╭─ Available records
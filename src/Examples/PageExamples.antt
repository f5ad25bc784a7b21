-- ===== src/Examples/PageExamples.antt =====
-- The theorems about the project page, applied.
use tbd_dev.Prelude.{false, List, [], ◌∷◌, ◌≡◌, ◌≢◌, refl}
use tbd_dev.Client.{ok, failed}
use tbd_dev.ProjectPage.{
  Page, first_page, should_poll, finish_fetch, project_view, view, start_fetch, polling_effect,
}
use tbd_dev.ProjectPage.Polling.{
  Event, started, ticked, finished, run, step, refresh, polling_stops,
}
use tbd_dev.ProjectPage.Fetching.{content, content_of, arrive, content-arrive, error_sticks}
use tbd_dev.Examples.Data.{busy_answer, site}

abbrev first_visit : List Event
first_visit = started ∷ finished 1 (ok busy_answer) ∷ []

polling_stops_example :
    (run
      (ticked ∷ started ∷ finished 2 (ok busy_answer) ∷ [])
      (refresh busy_answer (run first_visit first_page))).interval
    ≡ false
unfolding run step start_fetch finish_fetch polling_effect should_poll
polling_stops_example =
    polling_stops first_visit busy_answer (ticked ∷ started ∷ finished 2 (ok busy_answer) ∷ []) refl
      refl (refl, tt)

abbrev two_calls : Page
two_calls = record first_page { fetches = 2 }

content-arrive_example :
    content (arrive ((2, ok busy_answer) ∷ (1, failed) ∷ []) two_calls) ≡ content_of busy_answer
content-arrive_example = content-arrive ((2, ok busy_answer) ∷ (1, failed) ∷ []) two_calls

error_sticks_example :
    view (
      run
        (started ∷ finished 3 (ok busy_answer) ∷ [])
        (record two_calls { error = "Failed to load project" }))
    ≢ project_view site
error_sticks_example =
    error_sticks (started ∷ finished 3 (ok busy_answer) ∷ [])
      (record two_calls { error = "Failed to load project" }) site refl
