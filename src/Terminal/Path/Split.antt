-- ===== src/Terminal/Path/Split.antt =====
-- Taking paths apart at their slashes, and putting them together.
use Prim.Native.Char.{Char, code}
use Prim.Native.String.{[] as ε, ◌∷◌ as ◌▸◌}
use text.Mathlib.TextLemmas.{nil-append, cons-append}
use tbd_dev.Prelude.{
  String, true, List, [], ◌∷◌, ◌≡◌, ◌≢◌, ◌∙◌, refl, ap, arith, eqb, truthy_text, filterb, ◌⧺◌, All,
  Bool-cases, inl, inr,
}
use tbd_dev.Terminal.Path.{push_front, split, join, split_path}

abbrev pub NoSlash : String → Type 0
NoSlash ε = Unit
NoSlash (c ▸ s) = (code c ≢ b'/') × NoSlash s

-- What stands between two slashes.
abbrev pub IsPart : String → Type 0
IsPart p = (truthy_text p ≡ true) × NoSlash p

push_front-NoSlash :
    (c : Char) (ps : List String) → code c ≢ b'/' → All NoSlash ps → All NoSlash (push_front c ps)
unfolding push_front
push_front-NoSlash c [] h _ = ((h, tt), tt)
push_front-NoSlash c (p ∷ ps) h (k, ks) = ((h, k), ks)

split-NoSlash : (s : String) → All NoSlash (split s)
unfolding split
split-NoSlash ε = (tt, tt)
split-NoSlash (c ▸ s) = elim (Bool-cases (eqb (code c) b'/')) [
  | inl slash ↦ rw slash (tt, split-NoSlash s)
  | inr other ↦ rw other (push_front-NoSlash c (split s) (ground arith) (split-NoSlash s))
]

filterb-IsPart : (ps : List String) → All NoSlash ps → All IsPart (filterb truthy_text ps)
filterb-IsPart [] _ = tt
filterb-IsPart (p ∷ ps) (h, hs) = elim (Bool-cases (truthy_text p)) [
  | inl full ↦ rw full ((full, h), filterb-IsPart ps hs)
  | inr empty ↦ rw empty (filterb-IsPart ps hs)
]

-- The parts of a path are not empty and hold no slash.
pub split_path-IsPart : (s : String) → All IsPart (split_path s)
unfolding split_path
split_path-IsPart s = filterb-IsPart (split s) (split-NoSlash s)

split-slash : (p s : String) → NoSlash p → split (p ⧺ "/" ⧺ s) ≡ p ∷ split s
unfolding split push_front
split-slash ε s _ = rw (nil-append, cons-append, nil-append) refl
split-slash (c ▸ p) s (h, hs) = rw cons-append (elim (Bool-cases (eqb (code c) b'/')) [
  | inl slash ↦ absurd (ground arith)
  | inr other ↦ rw (other, split-slash p s hs) refl
])

split_one : (p : String) → NoSlash p → split p ≡ p ∷ []
unfolding split push_front
split_one ε _ = refl
split_one (c ▸ p) (h, hs) = elim (Bool-cases (eqb (code c) b'/')) [
  | inl slash ↦ absurd (ground arith)
  | inr other ↦ rw (other, split_one p hs) refl
]

pub split-join :
    (p : String) (ps : List String) → All NoSlash (p ∷ ps) → split (join (p ∷ ps)) ≡ p ∷ ps
unfolding join
split-join p [] (h, _) = split_one p h
split-join p (q ∷ ps) (h, hs) =
    split-slash p (join (q ∷ ps)) h ∙ ap (λ parts. p ∷ parts) (split-join q ps hs)

filterb-parts : (ps : List String) → All IsPart ps → filterb truthy_text ps ≡ ps
filterb-parts [] _ = refl
filterb-parts (p ∷ ps) ((full, _), hs) = rw full (ap (λ parts. p ∷ parts) (filterb-parts ps hs))

pub parts-NoSlash : (ps : List String) → All IsPart ps → All NoSlash ps
parts-NoSlash [] _ = tt
parts-NoSlash (p ∷ ps) ((_, h), hs) = (h, parts-NoSlash ps hs)

-- Joining parts with slashes and splitting the text again gives the parts.
pub split_path-join : (ps : List String) → All IsPart ps → split_path (join ps) ≡ ps
unfolding split_path
split_path-join [] _ = unfold join split in refl
split_path-join (p ∷ ps) h =
    ap (filterb truthy_text) (split-join p ps (parts-NoSlash (p ∷ ps) h)) ∙ filterb-parts (p ∷ ps) h
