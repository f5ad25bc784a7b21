-- ===== src/Terminal/Path/Resolve.antt =====
-- What `resolvePath` returns.
use Prim.Native.String.{◌∷◌ as ◌▸◌}
use text.Mathlib.TextLemmas.{nil-append, cons-append}
use mathlib.Core.List.{reverse, reverse_aux, reverse_aux-reverse_aux-nil}
use tbd_dev.Prelude.{
  String, false, List, [], ◌∷◌, ◌++◌, ◌≡◌, ◌≢◌, ◌∙◌, ◌⊎◌, refl, ap, sym, subst, not, ◌||◌, arith,
  truthy_text, ◌==◌, eq_iff, All, All-append, Bool-cases, Option-cases, inl, inr,
}
use tbd_dev.Terminal.Path.{
  split_path, strip, join, pop, resolve_step, resolve_parts, target_parts, rooted, resolve_path,
}
use tbd_dev.Terminal.Path.Split.{IsPart, split_path-IsPart, split_path-join}

-- A part of a path that names a directory entry.
abbrev pub IsName : String → Type 0
IsName p = IsPart p × (p ≢ ".") × (p ≢ "..") × (p ≢ "~")

-- A path from the home directory down, with nothing to resolve in it.
abbrev pub IsCanonical : String → Type 0
IsCanonical path = (names : List String) × (path ≡ join ("~" ∷ names)) × All IsName names

tilde-IsPart : IsPart "~"
tilde-IsPart = (refl, (omega arith, tt))

-- The parts that the loop holds: names, and perhaps the home directory below them all.
abbrev IsStack : List String → Type 0
IsStack [] = Unit
IsStack (p ∷ st) = (IsName p × IsStack st) ⊎ ((p ≡ "~") × (st ≡ []))

pop-IsStack : (st : List String) → IsStack st → IsStack (pop st)
unfolding pop
pop-IsStack [] h = tt
pop-IsStack (x ∷ []) h = h
pop-IsStack (x ∷ y ∷ rest) (inl (name, below)) = below
pop-IsStack (x ∷ y ∷ rest) (inr (home, none_below)) = cc

not_equal : {p q : String} → (p == q) ≡ false → p ≢ q
not_equal {p} {q} h e = ground (arith, eq_iff p q)

resolve_step-IsStack :
    (st : List String) (p : String) → IsPart p → IsStack st → IsStack (resolve_step st p)
unfolding resolve_step
resolve_step-IsStack st p part h = elim (Bool-cases (p == ".")) [
  | inl here ↦ rw here h
  | inr a ↦ rw a (elim (Bool-cases (p == "..")) [
    | inl up ↦ rw up (pop-IsStack st h)
    | inr b ↦ rw b (elim (Bool-cases (p == "~")) [
      | inl home ↦ rw home (inr (refl, refl))
      | inr c ↦ rw c (inl ((part, not_equal a, not_equal b, not_equal c), h))
    ])
  ])
]

resolve_parts-IsStack :
    (st parts : List String) → All IsPart parts → IsStack st → IsStack (resolve_parts st parts)
unfolding resolve_parts
resolve_parts-IsStack st [] _ h = h
resolve_parts-IsStack st (p ∷ parts) (part, all) h =
    resolve_parts-IsStack (resolve_step st p) parts all (resolve_step-IsStack st p part h)

-- The stack, reversed in front of names and rooted, is the home directory and names.
stack_names :
    (st acc : List String)
    → IsStack st
    → All IsName acc
    → (names : List String) × (rooted (reverse_aux st acc) ≡ "~" ∷ names) × All IsName names
unfolding rooted
stack_names [] [] h all = ([], refl, tt)
stack_names [] (p ∷ acc) h ((part, a, b, c), all) =
    (p ∷ acc, ground (arith, eq_iff p "~"), ((part, a, b, c), all))
stack_names (p ∷ st) acc (inl (name, below)) all = stack_names st (p ∷ acc) below (name, all)
stack_names (p ∷ st) acc (inr (home, none_below)) all = (acc, rw (none_below, home) refl, all)

target_parts_cases :
    (cwd target : String)
    → ((rest : String) × (target_parts cwd target ≡ "~" ∷ split_path rest))
      ⊎ (target_parts cwd target ≡ split_path cwd ++ split_path target)
unfolding target_parts
target_parts_cases cwd target = elim (Option-cases (strip "~/" target)) [
  | inr (rest, e) ↦ inl (rest, rw (e, target_parts))
  | inl a ↦ elim (Option-cases (strip "/" target)) [
    | inr (rest, e) ↦ inl (rest, rw (a, target_parts) (rw e))
    | inl b ↦ inr (rw (a, target_parts) (rw b))
  ]
]

target_parts-IsPart : (cwd target : String) → All IsPart (target_parts cwd target)
target_parts-IsPart cwd target = elim (target_parts_cases cwd target) [
  | inl (rest, e) ↦ subst (All IsPart) (sym e) (tilde-IsPart, split_path-IsPart rest)
  | inr e ↦ subst (All IsPart) (sym e) (
      All-append IsPart (split_path cwd) (split_path target) (split_path-IsPart cwd)
        (split_path-IsPart target))
]

home-IsCanonical : IsCanonical "~"
unfolding join
home-IsCanonical = ([], refl, tt)

walked-IsCanonical :
    (cwd target : String)
    → IsCanonical (join (rooted (reverse (resolve_parts [] (target_parts cwd target)))))
walked-IsCanonical cwd target =
    let (names, e, all) =
      stack_names (resolve_parts [] (target_parts cwd target)) []
        (resolve_parts-IsStack [] (target_parts cwd target) (target_parts-IsPart cwd target) tt)
        tt in
    (names, ap join e, all)

-- Whatever the current directory and the target, the result is a path from the home directory down
-- whose further parts are proper names: not empty, without a slash, and none of ".", ".." and "~".
pub resolve_path-IsCanonical : (cwd target : String) → IsCanonical (resolve_path cwd target)
unfolding resolve_path
resolve_path-IsCanonical cwd target =
    elim (Bool-cases (not (truthy_text target) || target == "~")) [
      | inl home ↦ rw (home, resolve_path) home-IsCanonical
      | inr a ↦
          rw (a, resolve_path)
            (elim (Bool-cases (target == "/")) [
              | inl root ↦ rw root home-IsCanonical
              | inr b ↦ rw b (walked-IsCanonical cwd target)
            ])
    ]

resolve_step_name : (st : List String) (p : String) → IsName p → resolve_step st p ≡ p ∷ st
unfolding resolve_step
resolve_step_name st p (part, a, b, c) = ground (arith, eq_iff p ".", eq_iff p "..", eq_iff p "~")

resolve_parts_names :
    (st names : List String) → All IsName names → resolve_parts st names ≡ reverse_aux names st
unfolding resolve_parts
resolve_parts_names st [] _ = refl
resolve_parts_names st (p ∷ names) (name, all) =
    ap (λ stack. resolve_parts stack names) (resolve_step_name st p name)
    ∙ resolve_parts_names (p ∷ st) names all

names_parts : (names : List String) → All IsName names → All IsPart names
names_parts [] _ = tt
names_parts (p ∷ names) ((part, _, _, _), all) = (part, names_parts names all)

join_deep : (n : String) (ns : List String) → join ("~" ∷ n ∷ ns) ≡ "~" ▸ "/" ▸ join (n ∷ ns)
unfolding join
join_deep n ns = rw (cons-append, nil-append, cons-append, nil-append)

-- The target "~/…" of names is walked to itself.
walk_names :
    (cwd rest : String) (names : List String)
    → split_path rest ≡ names
    → All IsName names
    → rooted (reverse (resolve_parts [] (target_parts cwd ("~" ▸ "/" ▸ rest)))) ≡ "~" ∷ names
unfolding target_parts rooted resolve_parts
walk_names cwd rest names e all =
    ap (λ (parts : List String). rooted (reverse (resolve_parts ("~" ∷ []) parts))) e
    ∙ ap (λ (stack : List String). rooted (reverse stack))
        (resolve_parts_names ("~" ∷ []) names all)
    ∙ ap rooted (reverse_aux-reverse_aux-nil names ("~" ∷ []))

resolve_path_deep :
    (cwd rest : String)
    → resolve_path cwd ("~" ▸ "/" ▸ rest)
      ≡ join (rooted (reverse (resolve_parts [] (target_parts cwd ("~" ▸ "/" ▸ rest)))))
unfolding resolve_path join
resolve_path_deep cwd rest = rw (resolve_path, deep-ne "~" (λ e. cc), deep-ne "/" (λ e. cc)) refl
  where
    deep-ne : (s : String) → ("~" ▸ "/" ▸ rest) ≢ s → (("~" ▸ "/" ▸ rest) == s) ≡ false
    deep-ne s n = ground (arith, eq_iff ("~" ▸ "/" ▸ rest) s)

-- A canonical path is absolute: it resolves to itself from every directory.
pub resolve_path_fixed : (cwd path : String) → IsCanonical path → resolve_path cwd path ≡ path
resolve_path_fixed cwd path ([], e, _) = rw e (unfold resolve_path join in refl)
resolve_path_fixed cwd path (n ∷ ns, e, all) =
    rw (e, join_deep n ns)
      (resolve_path_deep cwd (join (n ∷ ns))
        ∙ ap join (
            walk_names cwd (join (n ∷ ns)) (n ∷ ns)
              (split_path-join (n ∷ ns) (names_parts (n ∷ ns) all)) all)
        ∙ join_deep n ns)

-- Resolving the result of a resolution again, from any directory, changes nothing.
pub resolve_path_idempotent :
    (cwd other target : String)
    → resolve_path other (resolve_path cwd target) ≡ resolve_path cwd target
resolve_path_idempotent cwd other target =
    resolve_path_fixed other (resolve_path cwd target) (resolve_path-IsCanonical cwd target)

-- The parts of a resolved path begin at the home directory, and the further ones are names.
pub split_path-resolve_path :
    (cwd target : String)
    → (names : List String) × (split_path (resolve_path cwd target) ≡ "~" ∷ names)
      × All IsName names
split_path-resolve_path cwd target =
    let (names, e, all) = resolve_path-IsCanonical cwd target in
    (
      names,
      ap split_path e ∙ split_path-join ("~" ∷ names) (tilde-IsPart, names_parts names all),
      all,
    )
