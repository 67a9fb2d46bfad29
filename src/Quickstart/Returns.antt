-- ===== src/Quickstart/Returns.antt =====
-- When the program is sure to return, and what it leaves.
use conduit_client_python.Prelude.{String, ℕ, Bool}
use conduit_client_python.Errors.{Outcome}
use conduit_client_python.Pipeline.{BuildPlan, Pipeline}
use conduit_client_python.Client.{World}
use conduit_client_python.Process.{Machine, Supervised}
use conduit_client_python.Local.Launch.{LocalArgs, state_directory, announce, spawn_engine}

module _ (M : Machine) (alive : M.engine.State → Bool) (time : M.engine.State → ℕ)
    (ready started lag : ℕ) (plan : BuildPlan) (Live Up : M.engine.State → Type 0)
    (Created Started : String → M.engine.State → Type 0) where
  abbrev W : Type 0
  W = World (Supervised M.engine.State)

  -- The call of `Popen`, with what is in front of it.
  abbrev spawning : LocalArgs → Supervised M.engine.State → Outcome ℕ × Supervised M.engine.State
  spawning args s = spawn_engine M (state_directory M args.state_dir) args (announce M args s).1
╰─
**Your task:** In the listing above, locate the line containing "eq_iff p q)" and the line containing "resolve_step-IsStack st p part h = elim". Extract those two lines and every line between them, exactly as written, and only those.

**Solution to this problem:**
not_equal {p} {q} h e = ground (arith, eq_iff p q)

resolve_step-IsStack :
    (st : List String) (p : String) → IsPart p → IsStack st → IsStack (resolve_step st p)
unfolding resolve_step
resolve_step-IsStack st p part h = elim (Bool-cases (p == ".")) [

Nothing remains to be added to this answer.